The sender strives to maintain a good working relationship with the person in the future. This is accomplished by redefining the situation from one of sexual harassment to one of excessive stress. By reframing the message, the rhetorical communicator has found “a common drama in which to play” [Applying Communication Theory for Professional Life: A Practical Introduction: P.: 36-37].
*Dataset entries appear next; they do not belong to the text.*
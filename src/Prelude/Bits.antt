-- ===== src/Prelude/Bits.antt =====
-- `&` and `|` as arithmetic: a low mask is a remainder, and an or of disjoint fields is a sum.
use Prim.Native.Nat.{ℕ, zero, suc, ◌+◌, ◌-◌, ◌*◌, ◌/◌, ◌%◌, ◌^◌, ◌≤◌, ◌<◌}
use Prim.Native.Nat.{min, max, digits, bit_and, bit_or, bit_and-bitwise, bit_or-bitwise}
use mathlib.Core.Path.{◌≡◌, refl, ap}
use mathlib.Core.Bool.{Bool, true, ◌&&◌}
use native.Mathlib.Omega.{arith}
use native.Mathlib.Nat.{pow-suc, one-le-pow, zero-add, suc-add}
use wasm_instrument.Prelude.Tests.{◌==◌, ==_iff, ltb, if◌then◌else◌}

-- 2 ^ (a + b), which the library lacks for the native numbers.
pub pow_add : (a b : ℕ) → 2 ^ (a + b) ≡ 2 ^ a * 2 ^ b
pow_add zero b = rw zero-add (omega arith)
pow_add (suc a) b = rw (suc-add a b, pow-suc 2 (a + b), pow-suc 2 a, pow_add a b) (omega arith)

pub pow_pos : (a : ℕ) → 0 < 2 ^ a
pow_pos a = omega (arith, one-le-pow a 2)

-- The digit recursion does not depend on its fuel once the fuel covers the number.
digits-enough :
    (z : ℕ → ℕ) (g : ℕ → ℕ → ℕ) (n m a b : ℕ) → a ≤ n → a ≤ m → digits z g n a b ≡ digits z g m a b
digits-enough z g zero zero a b p q = refl
digits-enough z g zero (suc m) zero b p q = refl
digits-enough z g (suc n) zero zero b p q = refl
digits-enough z g (suc n) (suc m) zero b p q = refl
digits-enough z g zero (suc m) (suc a) b p q = absurd (omega arith)
digits-enough z g (suc n) zero (suc a) b p q = absurd (omega arith)
digits-enough z g (suc n) (suc m) (suc a) b p q =
    omega (arith, digits-enough z g n m (suc a / 2) (b / 2) (omega arith) (omega arith))

-- One binary digit of each operation.
and_digit : (a b : ℕ) → bit_and a b ≡ 2 * bit_and (a / 2) (b / 2) + min (a % 2) (b % 2)
and_digit zero b = omega (arith, bit_and-bitwise 0 b, bit_and-bitwise 0 (b / 2))
and_digit (suc a) b =
    let half = suc a / 2 in
    omega (
      arith,
      bit_and-bitwise (suc a) b,
      bit_and-bitwise half (b / 2),
      digits-enough (λ y. 0) min a half half (b / 2) (omega arith) (omega arith),
    )

or_digit : (a b : ℕ) → bit_or a b ≡ 2 * bit_or (a / 2) (b / 2) + max (a % 2) (b % 2)
or_digit zero b = omega (arith, bit_or-bitwise 0 b, bit_or-bitwise 0 (b / 2))
or_digit (suc a) b =
    let half = suc a / 2 in
    omega (
      arith,
      bit_or-bitwise (suc a) b,
      bit_or-bitwise half (b / 2),
      digits-enough (λ y. y) max a half half (b / 2) (omega arith) (omega arith),
    )

and-zero_below : (n a : ℕ) → a ≤ n → bit_and a 0 ≡ 0
and-zero_below zero zero h = refl
and-zero_below zero (suc a) h = absurd (omega arith)
and-zero_below (suc n) a h = omega (arith, and_digit a 0, and-zero_below n (a / 2) (omega arith))

or-zero_above : (n a : ℕ) → a ≤ n → bit_or a 0 ≡ a
or-zero_above zero zero h = refl
or-zero_above zero (suc a) h = absurd (omega arith)
or-zero_above (suc n) a h = omega (arith, or_digit a 0, or-zero_above n (a / 2) (omega arith))

-- `a & (2 ^ k - 1)` keeps the k low bits.
mask_split : (k q r : ℕ) → r < 2 ^ k → bit_and (r + q * 2 ^ k) (2 ^ k - 1) ≡ r
mask_split zero q r h = omega (arith, and-zero_below (r + q * 1) (r + q * 1) (omega arith))
mask_split (suc k) q r h =
    let wide : q * 2 ^ suc k ≡ 2 * (q * 2 ^ k) =
      omega (arith, ap (λ (t : ℕ). q * t) (pow-suc 2 k)) in
    ground (
      arith,
      and_digit (r + q * 2 ^ suc k) (2 ^ suc k - 1),
      wide,
      pow-suc 2 k,
      mask_split k q (r / 2) (omega (arith, pow-suc 2 k)),
    )

pub and_mask : (k a : ℕ) → bit_and a (2 ^ k - 1) ≡ a % 2 ^ k
and_mask k a =
    let parts : a % 2 ^ k + a / 2 ^ k * 2 ^ k ≡ a = omega (arith, pow_pos k) in
    rw parts at (mask_split k (a / 2 ^ k) (a % 2 ^ k) (omega (arith, pow_pos k)))

-- `r | (x << k)` is a sum where `r` fits below bit k.
pub or_fields : (k r x : ℕ) → r < 2 ^ k → bit_or r (x * 2 ^ k) ≡ r + x * 2 ^ k
or_fields zero r x h =
    let none_below : r ≡ 0 = omega arith in rw none_below (omega (arith, bit_or-bitwise 0 (x * 1)))
or_fields (suc k) r x h =
    let wide : x * 2 ^ suc k ≡ 2 * (x * 2 ^ k) =
      omega (arith, ap (λ (t : ℕ). x * t) (pow-suc 2 k)) in
    ground (
      arith,
      or_digit r (x * 2 ^ suc k),
      wide,
      pow-suc 2 k,
      or_fields k (r / 2) x (omega (arith, pow-suc 2 k)),
    )

-- Facts about every byte, by evaluation.
unfoldable pub every_below : ℕ → (ℕ → Bool) → Bool
every_below zero p = true
every_below (suc n) p = p n && every_below n p

pub every_below_sound : (n : ℕ) (p : ℕ → Bool) (x : ℕ) → every_below n p ≡ true → x < n → p x ≡ true
unfolding every_below
every_below_sound zero p x h lt = absurd (omega arith)
every_below_sound (suc n) p x h lt = ground (arith, every_below_sound n p x)

-- The continuation bit of a byte.
high_bit_table : every_below 256 (λ b. bit_and b 0x80 == (if ltb b 128 then 0 else 128)) ≡ true
unfolding every_below
high_bit_table = refl

pub high_bit : (b : ℕ) → b < 256 → bit_and b 0x80 ≡ (if ltb b 128 then 0 else 128)
high_bit b h = (==_iff _ _).0 (every_below_sound 256 _ b high_bit_table h)

set_high_table : every_below 128 (λ b. bit_or b 0x80 == b + 128) ≡ true
unfolding every_below
set_high_table = refl

pub set_high : (b : ℕ) → b < 128 → bit_or b 0x80 ≡ b + 128
set_high b h = (==_iff _ _).0 (every_below_sound 128 _ b set_high_table h)

-- Bit 6, the sign of a final group of seven bits.
sign_bit_table : every_below 128 (λ b. bit_and b 0x40 == (if ltb b 64 then 0 else 64)) ≡ true
unfolding every_below
sign_bit_table = refl

pub sign_bit : (b : ℕ) → b < 128 → bit_and b 0x40 ≡ (if ltb b 64 then 0 else 64)
sign_bit b h = (==_iff _ _).0 (every_below_sound 128 _ b sign_bit_table h)

-- The same sum with the higher field on the left, as `(b3 << 24) | (b2 << 16)` writes it.
pub fields_or : (k x r : ℕ) → r < 2 ^ k → bit_or (x * 2 ^ k) r ≡ x * 2 ^ k + r
fields_or zero x r h =
    let none_below : r ≡ 0 = omega arith in
    rw none_below (omega (arith, or-zero_above (x * 1) (x * 1) (omega arith)))
fields_or (suc k) x r h =
    let wide : x * 2 ^ suc k ≡ 2 * (x * 2 ^ k) =
      omega (arith, ap (λ (t : ℕ). x * t) (pow-suc 2 k)) in
    ground (
      arith,
      or_digit (x * 2 ^ suc k) r,
      wide,
      pow-suc 2 k,
      fields_or k x (r / 2) (omega (arith, pow-suc 2 k)),
    )

-- Numbers of `k` bits stay so.
pub bit_or-lt : (k a b : ℕ) → a < 2 ^ k → b < 2 ^ k → bit_or a b < 2 ^ k
bit_or-lt zero a b h h' =
    let no_a : a ≡ 0 = omega arith in
    let no_b : b ≡ 0 = omega arith in rw (no_a, no_b) (omega arith)
bit_or-lt (suc k) a b h h' = omega (
  arith,
  pow-suc 2 k,
  or_digit a b,
  bit_or-lt k (a / 2) (b / 2) (omega (arith, pow-suc 2 k)) (omega (arith, pow-suc 2 k)),
)
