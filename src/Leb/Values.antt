-- ===== src/Leb/Values.antt =====
-- The values that DECODE_BODY of src/common.cpp gives at type uint32_t.
use wasm_instrument.Prelude.{
  ℕ, zero, suc, ◌+◌, ◌*◌, ◌%◌, ◌^◌, ◌<◌, ◌≡◌, refl, List, [], ◌∷◌, arith, ltb, Bool, bit_and,
  bit_or, true, false, if◌then◌else◌,
}
use wasm_instrument.Prelude.Bits.{bit_or-lt}
use wasm_instrument.Prelude.Result.{Result, ok, throw, undefined}
use wasm_instrument.Leb.{Leb, good, bad, more, finish, last_byte, decode_loop, decode_u32leb}

-- A value that is given is below `top`.
abbrev Small : ℕ → Result Leb → Type 0
Small top (ok (good v n)) = v < top
Small top (ok (bad n)) = Unit
Small top (throw e) = Unit
Small top undefined = Unit

Small-if :
    (top : ℕ) (b : Bool) (x y : Result Leb)
    → Small top x
    → Small top y
    → Small top (if b then x else y)
Small-if top true x y hx hy = hx
Small-if top false x y hx hy = hy

last_byte-Small :
    (mask legal b r n : ℕ) → r < 2 ^ 32 → Small (2 ^ 32) (ok (last_byte mask legal b r n))
unfolding last_byte
last_byte-Small mask legal b r n h = ground arith

finish-u32 : (r s : ℕ) → finish 32 0xf8 0x08 r s ≡ r
unfolding finish
finish-u32 r s = refl

decode_loop-Small :
    (bytes : List ℕ) (left r s n : ℕ)
    → r < 2 ^ 32
    → Small (2 ^ 32) (decode_loop 32 0xf8 0x08 bytes left r s n)
unfolding decode_loop
decode_loop-Small bytes zero r s n h = tt
decode_loop-Small [] (suc left) r s n h = tt
decode_loop-Small (b ∷ bytes) (suc left) r s n h =
    let r' : ℕ = bit_or r (bit_and b 0x7f * 2 ^ s % 2 ^ 32) in
    let below : r' < 2 ^ 32 = bit_or-lt 32 r (bit_and b 0x7f * 2 ^ s % 2 ^ 32) h (omega arith) in
    Small-if (2 ^ 32) (ltb 32 (s + 7)) _ _ (last_byte-Small 0xf8 0x08 b r' (n + 1) below) (
      Small-if (2 ^ 32) (more b) _ _ (decode_loop-Small bytes left r' (s + 7) (n + 1) below)
        (rw (finish-u32 r' (s + 7)) below))

pub decode_u32leb-lt :
    (bytes : List ℕ) (left v n : ℕ) → decode_u32leb bytes left ≡ ok (good v n) → v < 2 ^ 32
unfolding decode_u32leb
decode_u32leb-lt bytes left v n e = rw e at (decode_loop-Small bytes left 0 0 0 (omega arith))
Communication accommodation theory

Each one of us is aware that our style of speech changes depending on a wide range of variables such as the setting, the topic of discourse, the person we are interacting with, the purpose of the interaction, and so on. For instance, we tend to speak more slowly when conversing with foreigners, or use grammatically simple language with babies or children (babytalk). In other words, we accommodate to others by adjusting our communicational behaviour to the requisite roles that participants are assigned in a given context. Communication accommodation theory (CAT) is a theory of communication developed by Howard Giles, Donald Taylor and Richard Bouhris. It argues that “when people interact they adjust their speech, their vocal patterns and their gestures, to accommodate to others. It explores the various reasons why individuals emphasize or minimize the social differences between themselves and their interlocutors through verbal and nonverbal communication. This theory is concerned with the links between language, context and identity. There are two main accommodation processes described by this theory: convergence and divergence. Convergence refers to the strategies through which individuals adapt to each other’s communicative behaviors, in order to reduce these social differences. Meanwhile, divergence refers to the instances in which individuals accentuate the speech and non-verbal differences between themselves and their interlocutors. Sometimes when individuals try to engage in convergence they can also end up over-accommodating, and despite their good intentions their convergence can be seen as condescending. There are various examples of communication accommodation theory that we observe everyday in our day to day life. For example when we are speaking to the elderly we tend to change our speech and mannerism. We tend to speak in a softer tone and show respect through our speech and actions. During our day, we tend to change and adapt in every situation like talking to the boss, talking to parents, talking to children we change in every situation. Researchers used this phenomenon to formulate a theory on how we can get people to trust us. They stated that we can just subtly copy the mannerisms, speech, actions of the person we are interacting with. On a subconscious level they tend to like and approve of us. Thus communication accommodation can be used to develop a better relation with other individuals. For example: http://youtu.be/Cc7quH-i_0w

The above link shows a video where Phoebe (of F.R.I.E.N.D.S) is trying to accommodate to Mike's parents on their first meet. Here, we can see that she has changed her typical American accent to a 'posh' accent. Communication Accommodation Theory does not only apply to one's way of speaking but it may also be applied to how one may dress.